The simplest possible page actually had 4 levels of nesting,
so to get the data to display the simplest possible page (not counting the stuff which provided the page layout etc) you where looking at a 4 three way joins, each joined to a linking table.

Since SQL can't do recursive joins, I think it had to hit the database 4 times.

Basicially, what you are doing with a EAV is implementing a no-schema/key-value database in SQL.

If you need to frequently change your data, you should just use a no schema database like couchdb, or mongodb.

Rodger said...

I wrote about this in series on Database Design Mistakes To Avoid. I called it MUCK.

http://rodgersnotes.wordpress.com/2010/09/21/muck-massively-unified-code-key-generic-three-table-data-model/

To me, a good db design should eliminate code, not cause it:

http://rodgersnotes.wordpress.com/2010/09/14/database-design-mistakes-to-avoid/

djs said...

As a developer, not a database guy, I'm all for the OTLT model, but I only ever implement it with a unique alt_key as suggested by lewisc.
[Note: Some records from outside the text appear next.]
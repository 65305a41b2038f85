-- ===== src/Init/Program.antt =====
-- scripts/init-devnet.ts against the program: `initialize` of
-- programs/agent-registry-8004/src/identity/instructions.rs, called by the script.
use solana.Prelude.{
  ℕ, ◌≡◌, refl, Option, none, some, [], ◌∷◌, true, Bytes, Pubkey, ascii, key_bytes, ==_iff,
}
use solana.Script.{◌>>=◌ as then, return}
use solana.Registry.Error.{
  account_already_in_use, Result, ok, err, >>=-elim, >>-elim, ◌>>=◌, require, constraint, ok_or,
}
use solana.Registry.State.{RootConfig, registry_initialized}
use solana.Registry.Accounts.{Accounts, lookup, insert, lookup-insert_self}
use solana.Registry.Runtime.{Runtime, Tx, CreateCollection}
use solana.Registry.World.{World, seeds_canonical, root_seeds, registry_seeds}
use solana.Registry.Identity.Handlers.{absent, load_initialize, initialize}
use solana.Helpers.Addresses.{client_of}
use solana.Deploy.{get_root_config_pda, get_registry_config_pda, get_program_data_pda}
use solana.Init.Registry.{Connection, Setup, ask, accounts, steps, main}

vacant : {V : Type 0} (key : Pubkey) (m : Accounts V) → lookup key m ≡ none → absent key m ≡ ok tt
vacant key m h = rw (h, absent) refl

occupied :
    {V : Type 0} {x : Unit {0}} (key : Pubkey) (m : Accounts V) (held : V)
    → lookup key m ≡ some held
    → absent key m ≡ ok x
    → ⊥
occupied {V} {x} key m held h free =
    let e : err account_already_in_use ≡ ok x = rw (h, absent) at free in cc

module _ (rt : Runtime) (tx : Tx) (signature : Bytes) where
  -- An instruction that fails throws and leaves nothing behind.
  abbrev pub sent : Result (World rt.Ext) → World rt.Ext → Option Bytes × World rt.Ext
  sent (ok w') w = (some signature, w')
  sent (err e) w = (none, w)

  sent-err :
      (o : Result (World rt.Ext)) (w : World rt.Ext)
      → ((w' : World rt.Ext) → o ≡ ok w' → ⊥)
      → sent o w ≡ (none, w)
  sent-err (ok w') w h = absurd (h w' refl)
  sent-err (err e) w h = refl

  -- The network that runs the program, on which nothing else happens meanwhile.
  abbrev pub program_connection : Connection
  program_connection = record {
    Net = World rt.Ext;
    initialize = λ a w. sent (initialize rt tx a w) w;
    fetch_root_config = λ key w. (lookup key w.root_configs, w);
    fetch_registry_config = λ key w. (lookup key w.registry_configs, w);
  }

  -- The script with the program's own loader and functions.
  abbrev pub setup_of : (ℕ → Bytes) → Pubkey → Pubkey → Setup
  setup_of to_array_like wallet collection = record {
    web3 = client_of rt to_array_like;
    connection = program_connection;
    program_id = rt.program_id;
    loader = rt.bpf_loader_upgradeable_id;
    wallet = wallet;
    collection = collection;
  }

  module _ (to_array_like : ℕ → Bytes) (wallet collection : Pubkey) where
    abbrev s : Setup
    s = setup_of to_array_like wallet collection

    -- What `initialize` asks Metaplex Core for.
    abbrev pub new_collection : CreateCollection
    new_collection = record {
      collection = collection;
      payer = wallet;
      update_authority = (accounts s).registry_config;
      name = ascii "8004 Agent Registry";
      uri = [];
    }

    canonical :
        (seeds : _)
        → seeds_canonical rt seeds (rt.find_program_address seeds rt.program_id).0
          ≡ ok (rt.find_program_address seeds rt.program_id).1
    unfolding seeds_canonical constraint ◌>>=◌
    canonical seeds = rw ((==_iff (rt.find_program_address seeds rt.program_id).0 _).1 refl) refl

    loads :
        (w : World rt.Ext)
        → tx.signers wallet ≡ true
        → tx.signers collection ≡ true
        → rt.upgrade_authority w.ext (accounts s).program_data ≡ some (some wallet)
        → lookup (accounts s).root_config w.root_configs ≡ none
        → lookup (accounts s).registry_config w.registry_configs ≡ none
        → load_initialize rt tx (accounts s) w
          ≡ ok (
            (get_root_config_pda s.web3 rt.program_id).1,
            (get_registry_config_pda s.web3 collection rt.program_id).1,
          )
    unfolding load_initialize accounts get_root_config_pda get_registry_config_pda
        get_program_data_pda constraint ◌>>=◌ require ok_or
    loads w wallet_signs collection_signs authority root registry =
        rw
          (
            collection_signs,
            wallet_signs,
            authority,
            canonical root_seeds,
            vacant (accounts s).root_config w.root_configs root,
            canonical (registry_seeds collection),
            vacant (accounts s).registry_config w.registry_configs registry,
            (==_iff
                  (rt.find_program_address (key_bytes rt.program_id ∷ [])
                    rt.bpf_loader_upgradeable_id).0
                  _).1
                refl,
            (==_iff wallet wallet).1 refl,
          )
          refl

    -- The state after `initialize` of the script's accounts.
    abbrev after : World rt.Ext → rt.Ext → World rt.Ext
    after w ext = record w {
      root_configs =
          insert (accounts s).root_config
            (record {
              base_collection = collection;
              authority = wallet;
              bump = (get_root_config_pda s.web3 rt.program_id).1;
            })
            w.root_configs;
      registry_configs =
          insert (accounts s).registry_config
            (record {
              collection = collection;
              authority = wallet;
              bump = (get_registry_config_pda s.web3 collection rt.program_id).1;
            })
            w.registry_configs;
      ext = ext;
      log = registry_initialized collection wallet ∷ w.log;
    }

    initializes :
        (w : World rt.Ext) (ext : rt.Ext)
        → tx.signers wallet ≡ true
        → tx.signers collection ≡ true
        → rt.upgrade_authority w.ext (accounts s).program_data ≡ some (some wallet)
        → lookup (accounts s).root_config w.root_configs ≡ none
        → lookup (accounts s).registry_config w.registry_configs ≡ none
        → rt.create_collection new_collection w.ext ≡ some ext
        → initialize rt tx (accounts s) w ≡ ok (after w ext)
    unfolding initialize ◌>>=◌ ok_or accounts
    initializes w ext wallet_signs collection_signs authority root registry created =
        rw (loads w wallet_signs collection_signs authority root registry, created) refl

    -- The script calls the program with accounts that it accepts: where the wallet is the program's
    -- upgrade authority and signs with the collection, neither configuration is there, and Metaplex
    -- Core creates the collection, the process ends with exit code 0; then the two configurations name
    -- the collection and the wallet.
    pub main-initializes :
        (w : World rt.Ext) (ext : rt.Ext)
        → tx.signers wallet ≡ true
        → tx.signers collection ≡ true
        → rt.upgrade_authority w.ext (accounts s).program_data ≡ some (some wallet)
        → lookup (accounts s).root_config w.root_configs ≡ none
        → lookup (accounts s).registry_config w.registry_configs ≡ none
        → rt.create_collection new_collection w.ext ≡ some ext
        → (w' : World rt.Ext) × (main s w ≡ (0, w'))
          × (lookup (accounts s).root_config w'.root_configs
              ≡ some (record {
                base_collection = collection;
                authority = wallet;
                bump = (get_root_config_pda s.web3 rt.program_id).1;
              }))
          × (lookup (accounts s).registry_config w'.registry_configs
              ≡ some (record {
                collection = collection;
                authority = wallet;
                bump = (get_registry_config_pda s.web3 collection rt.program_id).1;
              }))
    unfolding main steps ask solana.Script.◌>>=◌ return
    main-initializes w ext wallet_signs collection_signs authority root registry created =
        let run = initializes w ext wallet_signs collection_signs authority root registry created in
        let root_found = lookup-insert_self (accounts s).root_config _ w.root_configs in
        let registry_found = lookup-insert_self (accounts s).registry_config _ w.registry_configs in
        (after w ext, rw (run, root_found, registry_found) refl, root_found, registry_found)

    refused :
        (w w' : World rt.Ext) (held : RootConfig)
        → lookup (accounts s).root_config w.root_configs ≡ some held
        → initialize rt tx (accounts s) w ≡ ok w'
        → ⊥
    unfolding initialize load_initialize
    refused w w' held there h = >>=-elim _ _ h λ bumps loaded _.
        >>-elim _ _ loaded λ collection_signs h1. >>-elim _ _ h1 λ wallet_signs h2.
          >>=-elim _ _ h2 λ upgrade readable h3. >>=-elim _ _ h3 λ root_bump root_seeded h4.
            >>-elim _ _ h4
              λ free h5. occupied (accounts s).root_config w.root_configs held there free

    -- Where the root configuration is there already, the process ends with exit code 1 and the program
    -- has changed nothing.
    pub main-again :
        (w : World rt.Ext) (held : RootConfig)
        → lookup (accounts s).root_config w.root_configs ≡ some held
        → main s w ≡ (1, w)
    unfolding main steps ask solana.Script.◌>>=◌ return
    main-again w held h =
        rw (sent-err (initialize rt tx (accounts s) w) w (λ w' ran. refused w w' held h ran)) refl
Lets say I didn't use OTLT and I created a table called Gender with columns gender_id, gender_code and gender_description. I don't see how this stops somebody inserting into the table like so:

insert into gender(1, 'animal', 'cat')

With an OTLT table I can build just one GUI maintenance screen to handle the lot, as opposed to 10, 100, 1000... separate GUI maintenance screens for each category of lookup? No thanks, I'd rather take the performance hit and implement any data constraints some other way, if necessary.

Also, I think 500,000 rows in an OTLT table would be a very rare case.